Basically I'm doing this:

class Base(models.Model):
    field1_base = models.IntegerField()
    def __init__(self, field1_base):
        # LOGICS
        self.field1_base = field1_base

class A(Base):
    field2_sub = models.IntegerField()
    def __init__(self, field2_sub, field1_base):
        # LOGICS
        self.field2_sub = field2_sub
        super(A, self).__init__(field1_base)

A(field2_sub=1, field1_base=2)

However we can't override the __init__() method of a model.

I just want to leave some fields to be assigned in base class's methods.

Is there a proper way to do this using create() method?

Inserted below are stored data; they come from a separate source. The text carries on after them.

-- ===== src/TransactionService/Update/Relinked.antt =====
-- UpdateTransaction of a transfer that stays one, run without a fault.
use orgfin_diploma.TransactionService.Update.Settled.{updated_db}
use orgfin_diploma.TransactionService.{Input, value_or}
use orgfin_diploma.TransactionService.Update.{apply_input, add_account, apply_input_linked}
use orgfin_diploma.Repositories.Accounts
use orgfin_diploma.Repositories.Transactions
use orgfin_diploma.Prelude.{ℕ, List, [], ◌∷◌, All}
use orgfin_diploma.Models.{Db, Transaction, Time}

-- The other account of the transfer: the one that the input names, or the one it had.
abbrev pub new_target : Input → Transaction → ℕ
new_target i linked = value_or linked.account_id i.target_account_id

-- The rows of both sides with the fields of the input.
abbrev pub both_updated : Input → Time → Transaction → Transaction → Db → Db
both_updated i now existing linked s =
    updated_db (apply_input i now existing)
      (updated_db (apply_input_linked i now (new_target i linked) linked) s)

-- The accounts of both sides, before and after.
abbrev pub four_accounts : Input → Transaction → Transaction → List ℕ
four_accounts i existing linked =
    add_account linked.account_id
      (add_account (new_target i linked) (add_account existing.account_id (i.account_id ∷ [])))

Of course I can custom create method of Base class, however what I want is to invoke Base.create and A.create at the same time on the creation of A, which makes the situation different from this question

5
  • 1
    possible duplicate to stackoverflow.com/questions/39483184/… and stackoverflow.com/questions/843580/… Commented Sep 15, 2016 at 4:56
  • yup you can use a simple classmethod as explained in the answer Commented Sep 15, 2016 at 5:03
  • @SardorbekImomaliev Quite similar I think. However in my case I need to invoke the base model's methods at the same time. Commented Sep 15, 2016 at 5:18
  • I don't get it. Why not call super(A, self).create() then? Or you want to create Base and A objects at the same time with A.create()? Commented Sep 15, 2016 at 5:24
  • SardorbekImomaliev thank you for your answer. I want to split the logic into two parts, Base.create() and A.create(). How can I call both on the creation of instance of class A? Commented Sep 15, 2016 at 5:40

1 Answer 1

1

I would do something like this.

class Base(models.Model):
    field1_base = models.IntegerField()

    def initialize(self, *args, **kwargs):
        self.field1_base = kwargs['field1_base']

    @classmethod
    def create(cls, *args, **kwargs):
        # LOGICS
        self = cls()
        self.initialize(*args, **kwargs)
        return self

class A(Base):
    field2_sub = models.IntegerField()

    def initialize(self, *args, **kwargs):
        super(A, self).initialize(*args, **kwargs)
        self.field2_sub = kwargs['field1_base']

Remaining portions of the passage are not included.